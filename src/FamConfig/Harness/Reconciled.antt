-- ===== src/FamConfig/Harness/Reconciled.antt =====
-- internal/famconfig/harness.go: the resolution of a harness.
use botfam.Base.{
  String, ◌≡◌, refl, sym, ◌∙◌, inl, inr, Bool, arith, [], ◌∷◌, eq_iff, true, false, not, ◌&&◌, List,
  ◌==◌, if◌then◌else◌, Bool-cases, any,
}
use botfam.Base.Affixes.{contains}
use botfam.Base.Text.{trim_space}
use mathlib.Core.Path.{subst}
use botfam.FamConfig.Harness.{
  harness_claude_code, harness_codex, harness_antigravity, claude_code_spec, codex_spec,
  antigravity_spec, HarnessSpec, HarnessResolution, harness_registry, first_harness, is_named,
  canonical_harness, detect_harness_from_env, detect_harness_from_client_name, detected_harness,
  resolve_harness, present,
}

-- the one spelling of a harness that is not its canonical name
abbrev pub folded : String → String
folded declared = if declared == "claude" then "claude-code" else declared

abbrev pub known_harnesses : List String
known_harnesses = "" ∷ "claude-code" ∷ "codex" ∷ "antigravity" ∷ []

unfoldable pub IsKnown : String → Type 0
IsKnown harness = any (λ h. harness == h) known_harnesses ≡ true

and-false : (a b : Bool) → false ≡ (not a && false && not b)
and-false true b = refl
and-false false b = refl

and-true : (a b : Bool) → (not a && not b) ≡ (not a && true && not b)
and-true true b = refl
and-true false b = refl

pick : (b : Bool) (x y : String) → IsKnown x → IsKnown y → IsKnown (if b then x else y)
pick true x y hx hy = hx
pick false x y hx hy = hy

no_harness : IsKnown ""
unfolding IsKnown any
no_harness = refl

first_harness-IsKnown : (p : HarnessSpec → Bool) → IsKnown (first_harness p harness_registry "")
unfolding first_harness IsKnown any
first_harness-IsKnown p =
    pick (p claude_code_spec) harness_claude_code
      (if p codex_spec
        then harness_codex
        else if p antigravity_spec
        then harness_antigravity
        else "")
      refl
      (pick (p codex_spec) harness_codex (if p antigravity_spec then harness_antigravity else "")
        refl (pick (p antigravity_spec) harness_antigravity "" refl refl))

at_name :
    (declared name : String)
    → canonical_harness name ≡ folded name
    → (declared == name) ≡ true
    → canonical_harness declared ≡ folded declared
at_name declared name h e =
    subst (λ d. canonical_harness d ≡ folded d) (sym ((eq_iff declared name).0 e)) h

canonical_harness-folded : (declared : String) → canonical_harness declared ≡ folded declared
unfolding canonical_harness first_harness is_named any
canonical_harness-folded declared = elim (Bool-cases (declared == "")) [
  | inl e ↦ at_name declared "" refl e
  | inr e0 ↦ elim (Bool-cases (declared == "claude-code")) [
    | inl e ↦ at_name declared "claude-code" refl e
    | inr e1 ↦ elim (Bool-cases (declared == "claude")) [
      | inl e ↦ at_name declared "claude" refl e
      | inr e2 ↦ elim (Bool-cases (declared == "codex")) [
        | inl e ↦ at_name declared "codex" refl e
        | inr e3 ↦ elim (Bool-cases (declared == "antigravity")) [
          | inl e ↦ at_name declared "antigravity" refl e
          | inr e4 ↦ rw (e0, e1, e2, e3, e4) refl
        ]
      ]
    ]
  ]
]

env-IsKnown : (environ : List String) → IsKnown (detect_harness_from_env environ)
unfolding detect_harness_from_env
env-IsKnown environ = first_harness-IsKnown (λ spec. any (present environ) spec.env_vars)

-- what the client tells, or else what the environment tells
abbrev told : String → String → String
told client env = if not (client == "") then client else env

told-chosen : (client env : String) → told client env ≡ (if client == "" then env else client)
told-chosen client env = ground arith

-- which of the three the effective harness comes from
abbrev pub source_of : String → String → String
source_of client env =
    if client == "" then (if env == "" then "declared" else "env") else "clientinfo"

told-none :
    (client env : String) → (told client env == "") ≡ true → source_of client env ≡ "declared"
told-none client env h = ground (arith, h)

told-some :
    (client env : String)
    → (told client env == "") ≡ false
    → source_of client env ≡ (if not (client == "") then "clientinfo" else "env")
told-some client env h = ground (arith, h)

told-IsKnown : (client env : String) → IsKnown client → IsKnown env → IsKnown (told client env)
told-IsKnown client env c e = pick (not (client == "")) client env c e

module _ (to_lower : String → String) where
  client_name-IsKnown :
      (client_name : String) → IsKnown (detect_harness_from_client_name to_lower client_name)
  unfolding detect_harness_from_client_name
  client_name-IsKnown client_name =
      let n = to_lower (trim_space client_name) in
      let p : HarnessSpec → Bool = λ spec. any (contains n) spec.client_name_substrings in
      pick (n == "") "" (first_harness p harness_registry "") no_harness (first_harness-IsKnown p)

  -- The declared name is folded, the name of the client goes before the environment, and what they
  -- tell goes before the declared name.
  pub record IsReconciled (declared client_name : String) (environ : List String)
      (r : HarnessResolution) : Type 0 where
    declared_folded : r.declared ≡ folded declared
    chosen :
        let client = detect_harness_from_client_name to_lower client_name in
        r.detected ≡ (if client == "" then detect_harness_from_env environ else client)
    known : IsKnown r.detected
    effective : r.effective ≡ (if r.detected == "" then r.declared else r.detected)
    source :
        r.source
        ≡ source_of
            (detect_harness_from_client_name to_lower client_name)
            (detect_harness_from_env environ)
    mismatch :
        r.mismatch
        ≡ (not (r.declared == "") && not (r.detected == "") && not (r.declared == r.detected))

  -- The resolution of a harness: the alias `claude` is folded onto its canonical name and every other declared
  -- name stays; what is detected, by the name of the client or else by the environment, is empty or a
  -- known harness, and wins over what is declared; the source says which of the three it was; and a
  -- mismatch is reported exactly if there are a declared and a detected harness and they differ.
  pub resolve_harness-IsReconciled :
      (declared client_name : String) (environ : List String)
      → IsReconciled declared client_name environ
          (resolve_harness to_lower declared client_name environ)
  unfolding resolve_harness detected_harness
  resolve_harness-IsReconciled declared client_name environ =
      let c = detect_harness_from_client_name to_lower client_name in
      let v = detect_harness_from_env environ in
      let f = canonical_harness-folded declared in
      elim (Bool-cases (told c v == "")) [
        | inl e ↦ rw e (record {
          declared_folded = f;
          chosen = sym ((eq_iff (told c v) "").0 e) ∙ told-chosen c v;
          known = no_harness;
          effective = refl;
          source = sym (told-none c v e);
          mismatch =
              and-false (canonical_harness declared == "") (canonical_harness declared == "");
        })
        | inr e ↦ rw e (record {
          declared_folded = f;
          chosen = told-chosen c v;
          known = told-IsKnown c v (client_name-IsKnown client_name) (env-IsKnown environ);
          effective = rw e refl;
          source = sym (told-some c v e);
          mismatch = rw e (
              and-true (canonical_harness declared == "") (canonical_harness declared == told c v));
        })
      ]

+ + +

Prompt: Reproduce each line of the records in which the word "none" appears.

Solved problem:
told-none :
told-none client env h = ground (arith, h)
          source = sym (told-none c v e);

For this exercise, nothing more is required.